ALDO PENNINI – Nos últimos 70 anos exploramos apenas petróleo e agora estamos investindo pesado em conhecer o potencial de mineração do país, dentro de uma das maiores pesquisas geológicas em andamento no mundo. Já sabemos que a Arábia Saudita tem recursos minerais significativos, mas estamos na fase de entender essas possibilidades para depois partir para a exploração. A estimativa do governo é que os recursos em potenciais minerais estejam na casa dos US$ 2,3 trilhões.
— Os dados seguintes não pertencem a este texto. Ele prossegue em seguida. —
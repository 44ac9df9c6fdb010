-- ===== src/Fs/Extent/Reserve.antt =====
-- `mtl_reserve_extent` without a last extent.
use metal_fs.Base.{
  ℕ, ◌+◌, ◌-◌, ◌^◌, ◌≤◌, ◌<◌, min, ◌≡◌, refl, inl, inr, Bool, true, false, Option, none, some,
  arith, ltb, if◌then◌else◌, Bool-cases, Option-cases,
}
use metal_fs.Fs.Types.{add64, sub64, NodeId, reserved, committed, is_free, Extent, FileExtent}
use metal_fs.Fs.State.{Databases, Txn, ok}
use metal_fs.Fs.Space.{node, free_at, take_whole, take_part}
use metal_fs.Fs.View.{layout, queue, IsValid}
use metal_fs.Fs.Heap.{heap_insert, heap_delete, heap_extract_max}
use metal_fs.Fs.Extent.Effect.{popped, effects}
use metal_fs.Fs.Extent.{
  Candidate, load_extent, put_extent, insert_free, pop_extent, place, finish_reserve, pop_unless,
  reserve_extent,
}

module _ (L : Databases) where
  abbrev candidate : ℕ → Extent → Candidate
  candidate o e = record { offset = o; extent = e; append_length = 0; original_length = 0 }

  pop_extent-some :
      (t : Txn L) (n : NodeId) (o : ℕ) (e : Extent)
      → L.heap.last t.heap ≡ some (n, o)
      → layout L t o ≡ some e
      → pop_extent L t ≡ ok (popped L t n, some (candidate o e))
  unfolding pop_extent heap_extract_max heap_delete load_extent popped
  pop_extent-some t n o e h k = ground (arith, L.heap.get-last t.heap n o)

  pop_extent-none : (t : Txn L) → L.heap.last t.heap ≡ none → pop_extent L t ≡ ok (t, none)
  unfolding pop_extent heap_extract_max
  pop_extent-none t h = ground arith

  abbrev used : Bool → ℕ → NodeId → Extent
  used commit len n = record {
    length = len;
    status = if commit then committed else reserved;
    pq_node = n;
  }

  used_not_free : (commit : Bool) → is_free (if commit then committed else reserved) ≡ false
  used_not_free true = refl
  used_not_free false = refl

  module _ (blocks : ℕ) (t : Txn L) (size : ℕ) (commit : Bool) (n : NodeId) (o : ℕ)
      (small : size + blocks < 2 ^ 64) (valid : IsValid L blocks t)
      (top : L.heap.last t.heap ≡ some (n, o)) where
    head_of : queue L t n ≡ some o
    head_of = L.heap.get-last t.heap n o top

    found : layout L t o ≡ some (free_at n.k o)
    found = (valid.listed n o head_of).1

    fits : (0 < n.k) × (o + n.k ≤ blocks)
    fits = valid.tiling.inside o (free_at n.k o) found

    abbrev taken : ℕ → Extent
    taken len = used commit len (node n.k o)

    reserve-some :
        (t' : Txn L) (x : FileExtent)
        → place L (popped L t n) (candidate o (free_at n.k o)) size commit ≡ (t', x)
        → reserve_extent L t size none commit ≡ ok (t', some x)
    unfolding reserve_extent pop_unless finish_reserve
    reserve-some t' x h = rw (pop_extent-some t n o (free_at n.k o) top found, h)

    place-whole :
        n.k ≤ size
        → place L (popped L t n) (candidate o (free_at n.k o)) size commit
          ≡ (put_extent L (popped L t n) o (taken n.k), record { offset = o; length = n.k })
    unfolding place
    place-whole le =
        let test : ltb (add64 0 size) (add64 n.k 0) ≡ false = ground (arith, fits) in
        let len : sub64 (add64 n.k 0) 0 ≡ n.k = omega (arith, fits) in rw (test, len)

    place-whole-IsValid : IsValid L blocks (put_extent L (popped L t n) o (taken n.k))
    place-whole-IsValid =
        simp effects (take_whole valid o n (taken n.k) head_of (used_not_free commit) refl)

    place-part :
        size < n.k
        → place L (popped L t n) (candidate o (free_at n.k o)) size commit ≡ (
          put_extent L (insert_free L (popped L t n) (o + size) (n.k - size)) o (taken size),
          record { offset = o; length = size },
        )
    unfolding place
    place-part lt =
        let test : ltb (add64 0 size) (add64 n.k 0) ≡ true = ground (arith, fits) in
        let front : add64 0 size ≡ size = omega arith in
        let behind : add64 o size ≡ o + size = omega (arith, fits) in
        let rest : sub64 (add64 n.k 0) size ≡ n.k - size = omega (arith, fits) in
        let len : sub64 size 0 ≡ size = omega arith in rw test (rw front (rw (behind, rest, len)))

    place-part-IsValid :
        0 < size
        → size < n.k
        → IsValid L blocks
            (put_extent L (insert_free L (popped L t n) (o + size) (n.k - size)) o (taken size))
    place-part-IsValid pos lt = simp effects (
        take_part valid o n (taken size) (n.k - size) head_of (used_not_free commit) pos
          (omega arith) (omega arith))

  -- What a reservation of `size` blocks gives: the extent of the heap's last node, which was free,
  -- is used from its start on, and holds as many blocks as it had and were wanted.
  abbrev pub Allocated : Txn L → ℕ → Bool → Txn L → Option FileExtent → Type 0
  Allocated t size commit t' none = L.heap.last t.heap ≡ none
  Allocated t size commit t' (some x) =
      (n : NodeId) × (L.heap.last t.heap ≡ some (n, x.offset))
      × (layout L t x.offset ≡ some (free_at n.k x.offset))
      × (x.length ≡ min size n.k)
      × (layout L t' x.offset ≡ some (used commit x.length (node n.k x.offset)))

  layout-put_self : (t : Txn L) (o : ℕ) (e : Extent) → layout L (put_extent L t o e) o ≡ some e
  unfolding put_extent
  layout-put_self t o e = L.extents.get-put_self t.extents o e

  -- For a wanted size above 0 that does not wrap, and a valid allocator, `mtl_reserve_extent`
  -- without a last extent returns (no assertion fails), keeps the allocator valid and the inodes as
  -- they are, and gives the first blocks of the free extent at the end of the heap, all of them or
  -- as many as are wanted; it gives none only when the heap is empty.
  pub reserve_extent-Allocated :
      (blocks : ℕ) (t : Txn L) (size : ℕ) (commit : Bool)
      → size + blocks < 2 ^ 64
      → 0 < size
      → IsValid L blocks t
      → (t' : Txn L) × (r : Option FileExtent) × (reserve_extent L t size none commit ≡ ok (t', r))
        × IsValid L blocks t'
        × Allocated t size commit t' r
        × (t'.inodes ≡ t.inodes)
  unfolding reserve_extent pop_unless finish_reserve put_extent insert_free popped heap_insert
  reserve_extent-Allocated blocks t size commit small pos valid =
      elim (Option-cases (L.heap.last t.heap)) [
        | inl e ↦ (t, none, rw (pop_extent-none t e), valid, e, refl)
        | inr ((n, o), e) ↦ elim (Bool-cases (ltb size n.k)) [
          | inl lt ↦ (
            put_extent L (insert_free L (popped L t n) (o + size) (n.k - size)) o
                (used commit size (node n.k o)),
            some (record { offset = o; length = size }),
            reserve-some blocks t size commit n o small valid e _ _
                (place-part blocks t size commit n o small valid e (ground arith)),
            place-part-IsValid blocks t size commit n o small valid e pos (ground arith),
            (
              n,
              e,
              found blocks t size commit n o small valid e,
              ground arith,
              layout-put_self (insert_free L (popped L t n) (o + size) (n.k - size)) o _,
            ),
            refl,
          )
          | inr ge ↦ (
            put_extent L (popped L t n) o (used commit n.k (node n.k o)),
            some (record { offset = o; length = n.k }),
            reserve-some blocks t size commit n o small valid e _ _
                (place-whole blocks t size commit n o small valid e (ground arith)),
            place-whole-IsValid blocks t size commit n o small valid e,
            (
              n,
              e,
              found blocks t size commit n o small valid e,
              ground arith,
              layout-put_self (popped L t n) o _,
            ),
            refl,
          )
        ]
      ]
No total, 42 bens minerais, com destaque para ouro, fosfato, cobre, níquel e minério de ferro. Desenvolver a mineração faz parte dos planos da Arábia Saudita de diversificar sua economia – hoje é o terceiro pilar da base econômica do país. Até lá, importaremos os bens minerais que precisamos.
É preciso diversificar a produção de bens minerais no mundo todo, concentrada hoje em poucos países. Diversificar a cadeia de suprimentos diminui os riscos – foi o que nos mostrou recentemente a pandemia COVID-19 e a guerra da Rússia x Ucrânia.
BRASIL MINERAL – De que forma o país está se preparando para capacitar a mão-de-obra necessária para as atividades de mineração?
ALDO PENNINI – A Arábia Saudita já conta com uma rede grande de universidades e estamos incentivando mais cursos na área de mineração, que tem despertado muito interesse pelas mulheres. Temos uma universidade para mulheres que ministra cursos de mineração e tecnologia avançada. Além disso, temos enviado profissionais para se capacitarem em outros países. Os planos são grandes.
BRASIL MINERAL – Qual o balanço das visitas realizadas?
ALDO PENNINI - Temos uma ambição muito grande – é a primeira vez que estamos vindo para a América do Sul e para o Brasil em particular para engajar a região nesse propósito e o retorno foi muito positivo, tanto do governo quanto do setor privado. Nas conversas que estamos tendo com o Ibram estamos buscando possibilidades de aumentar a participação do Brasil no FMF, acordo que está prestes a finalizar. Não tenho dúvida de que o Brasil pode participar mais desse debate.